The problem started when I configured a new printer and was looking at the configuration of a TCPIP port via one of the virtual nodes (let’s called it 01A) and it hung. I tried to kill the spooler process and restarted it, but it would be at “Start pending” mode within cluster admin. So I force killed the spooler service and failed the resources over to node 2 and had node 1 rebooted.
When node 1 came up again, the cluster service was in “starting” mode and will not join the cluster.
When I looked at the cluster.log file, I could see that the cluster had tried to load its cluster hive unsuccessfully.

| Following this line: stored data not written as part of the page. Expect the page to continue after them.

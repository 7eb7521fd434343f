-- ===== src/Actions/Tests.antt =====
-- The actions of lock_actions.py on small inputs.
use hassio_access_control.Prelude.{
  ℕ, String, ◌≡◌, refl, true, false, ◌⊎◌, Option, none, some, List, [], ◌∷◌, if◌then◌else◌, ◌==◌,
  arith, eq_iff,
}
use hassio_access_control.Relock.Manager.{
  Clock, Result, ok, start, Effect, command_unlock, show_unlocked, log_access, alarm_disarm,
}
use hassio_access_control.Relock.Due.{IsDueBy}
use hassio_access_control.Unlock.{confirm_ha_state, accepted, state}
use hassio_access_control.Actions.{
  Action, buzz, restore_schedule, ActionResult, access_native, ha_external, LockRow, returned,
  Weather, audit_result, succeed, unlocked, scheduled,
}
use hassio_access_control.Actions.Cache.{
  Observation, publish_all, publish_all-newest, empty_cache, Shows,
}
use hassio_access_control.Actions.Execute.{
  on_row, act, under_barrier, by_kind, conclude, execute_lock_action, is_granted,
}
use hassio_access_control.Actions.External.{
  external_action, on_target, drive, prepare, command, after_write, after_readback, on_confirmed,
}
use hassio_access_control.Actions.Native.{
  native_action, invoke, after_answer, judge, relay_of, proved, publish,
}
use hassio_access_control.Actions.Disarm.{auto_disarm, disarm_panels, after_disarm, logged}
use hassio_access_control.Relock.Timers.{schedule, extend_after_success}
use hassio_access_control.Relock.Rows.{rows_at_deadline, get_pending_relock, add_pending_relock}
use hassio_access_control.Actions.Sent.{commands}
use hassio_access_control.Actions.Safe.{timed_unlock-IsSafe}
use hassio_access_control.Actions.Lockdown.{execute_lock_action-IsInert, IsInert}
use hassio_access_control.Actions.Granted.{execute_lock_action-IsEvident, IsEvident}
use hassio_access_control.Actions.Yields.{Holds}

abbrev front : LockRow
front = record {
  id = 7;
  name = "Front";
  kind = ha_external;
  device_id = none;
  location_id = none;
  entity_id = some "lock.front";
  buzz_enabled = true;
  relock_duration = 30;
  sync_hub_state = false;
}

abbrev gate : LockRow
gate = record front {
  id = 8;
  kind = access_native;
  device_id = some "dev";
  location_id = some "loc";
  entity_id = none;
}

abbrev noon : Clock
noon = record { wall = 1000; monotonic = 50 }

abbrev calm : Weather
calm = record {
  lockdown_before = false;
  lockdown = false;
  lockdown_after = false;
  cancelled_waiting = false;
  has_access_client = true;
  has_confirmed_command = true;
  has_relay_state = true;
  access_answer = returned (some "locked");
  has_client = true;
  has_relock_manager = true;
  has_hub_sync = false;
  now = noon;
  write = accepted;
  readings = λ n. if n == 0 then state (some "locked") else state (some "unlocked");
  meanwhile = λ m. m;
  later = record { wall = 1002; monotonic = 52 };
  cancelled_late = false;
  panels =
      record { entity_id = "alarm.home"; lockdown = false; has_client = true; disarmed = some true }
      ∷ [];
}

abbrev locks : ℕ → Option LockRow
locks id = if id == 7 then some front else if id == 8 then some gate else none

abbrev outcomes : ℕ → Action → Weather → Result ActionResult × List Effect
outcomes id action w =
    let (r, m) = execute_lock_action locks id action true w (start []) in (r, m.effects)

timed : outcomes 7 buzz calm ≡ (
  ok (succeed front buzz unlocked),
  command_unlock "lock.front"
      ∷ show_unlocked "lock.front"
      ∷ log_access "granted"
      ∷ alarm_disarm "alarm.home"
      ∷ log_access "granted"
      ∷ [],
)
unfolding execute_lock_action on_row act under_barrier by_kind external_action on_target drive
    prepare command after_write after_readback on_confirmed conclude audit_result auto_disarm
    disarm_panels after_disarm logged confirm_ha_state schedule extend_after_success
    get_pending_relock add_pending_relock rows_at_deadline
timed = refl

timed_unlock-IsSafe_example :
    let m' = (execute_lock_action locks 7 buzz true calm (start [])).1 in
    (commands m' ≡ []) ⊎ IsDueBy "lock.front" 1032 m'
timed_unlock-IsSafe_example =
    timed_unlock-IsSafe front "lock.front" calm refl (λ m. refl) locks 7 true (start []) refl refl

-- the lockdown begins while the command waits for the barrier
abbrev stopped : Weather
stopped = record calm { lockdown = true }

execute_lock_action-IsInert_example :
    let (r, m') = execute_lock_action locks 8 restore_schedule true stopped (start []) in
    Holds (λ a. is_granted a.outcome ≡ false) r × IsInert (start []) m'
execute_lock_action-IsInert_example =
    execute_lock_action-IsInert restore_schedule true stopped 8 refl refl locks (start [])

restored :
    (execute_lock_action locks 8 restore_schedule true calm (start [])).0
    ≡ ok (succeed gate restore_schedule scheduled)
unfolding execute_lock_action on_row act under_barrier by_kind native_action invoke after_answer
    judge relay_of proved publish conclude audit_result
restored = refl

execute_lock_action-IsEvident_example : IsEvident (some gate) restore_schedule calm
execute_lock_action-IsEvident_example =
    execute_lock_action-IsEvident locks 8 restore_schedule true calm (start [])
      (succeed gate restore_schedule scheduled) restored refl

abbrev seen : String → String → ℕ → Observation
seen k v t = record { entity_id = k; value = v; observed_at = t }

publish_all-newest_example : Shows (seen "lock.front" "locked" 9) (
    publish_all
      (seen "lock.front" "unlocked" 9
        ∷ seen "dev" "unknown" 20
        ∷ seen "lock.front" "locked" 9
        ∷ seen "lock.front" "unlocked" 5
        ∷ [])
      empty_cache)
publish_all-newest_example =
    publish_all-newest (seen "lock.front" "locked" 9)
      (seen "lock.front" "unlocked" 9 ∷ seen "dev" "unknown" 20 ∷ [])
      (seen "lock.front" "unlocked" 5 ∷ [])
      (λ e. omega arith, (λ e. ground (arith, (eq_iff "dev" "lock.front").1 e), tt))
      (λ e. omega arith, tt)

The below sequence was repeated in the logs:
00000a9c.00000ad0::2006/10/10-11:51:59.500 [DM] DmJoin: getting new registry database
00000a9c.00000ad0::2006/10/10-11:52:07.343 [DM] Obtained new database.
00000a9c.00000ad0::2006/10/10-11:52:07.343 [DM] DmpRestartFlusher: Entry
00000a9c.00000af8::2006/10/10-11:52:07.343 [DM] DmpRegistryFlusher: restarting
00000a9c.00000ad0::2006/10/10-11:52:07.500 [DM] DmpSafeDatabaseCopy:: SetFileAttrib on BkpPath C:\WINNT\cluster\CLUSDB.BKP$ failed, Status=2
00000a9c.00000ad0::2006/10/10-11:52:15.453 [DM]: Loading cluster database from C:\WINNT\cluster\CLUSDB
00000a9c.00000ad0::2006/10/10-11:52:24.640 [GUM] GumEndJoinUpdate: attempting update type 1 context 4100 sequence 6922482
00000a9c.00000ad0::2006/10/10-11:52:24.640 [GUM] Join attempt for type 1 failed 5083
00000a9c.00000ad0::2006/10/10-11:52:24.640 [DM] GumEndJoinUpdate with sequence 6922482 failed with a sequence mismatch
00000a9c.00000ad0::2006/10/10-11:52:24.640 [GUM] GumpNodeCallback setting node 2 active.
00000a9c.00000ad0::2006/10/10-11:52:24.640 [GUM] GumBeginJoinUpdate succeeded with sequence 6922624
00000a9c.00000ad0::2006/10/10-11:52:24.640 [DM] DmJoin: getting new registry database
00000a9c.00000ad0::2006/10/10-11:52:32.046 [DM] Obtained new database.
00000a9c.00000ad0::2006/10/10-11:52:32.046 [DM] DmpRestartFlusher: Entry
Tried searching on the internet for some answers, but no direct resolution. But I saw that a few people seems to have seen similar events when printer drivers or printer registry caused the problem. They sounded related enough because this is after all a print server and I was configuring a new printer when it happened.
From MS KB:
00000c50.00000be8::2006/10/10-11:32:08.078 [GUM] Join attempt for type 1 failed 5083
Error code 5083 means “ERROR_CLUSTER_DATABASE_SEQMISMATCH”. The join operation failed because the cluster database sequence number has changed or is incompatible with the locker node.
This seems to tell me that the cluster hive in node 1 and node 2 are mismatched and hence node 1 could not load up its cluster service.
Resolution and steps taken:
The solutions that I found pointed to a possible corrupted CLUSDB file (this is the cluster registry hive). So I tried to restore from *.tmp in quorum (http://support.microsoft.com/?id=224999), but did not work.
I loaded CLUSDB of node 1 into the registry hive and it loads properly and don’t seem to be corrupted, but I am not convinced that its not due to CLUSDB.
Lastly, I decided to stop the cluster service on node 2 and copy its CLUSDB to node 1. Loaded it up, restarted node 2, waited and after awhile restarted node 1 and it comes up perfectly!
This is my diagnosis of what I thought had happened. When node 1’s spooler hung at the TCPIP port configuration dialog and was rebooted, there could be intermittant values in the cluster registry that caused the hive not to load up properly with the cluster service, even though I could load the CLUSDB hive manually. I didn’t think that there was anything I could have done before this to prevent this problem from happening.
Thus, copying the hive from node 2 to replace the corrupted from node 1 resolved the issue.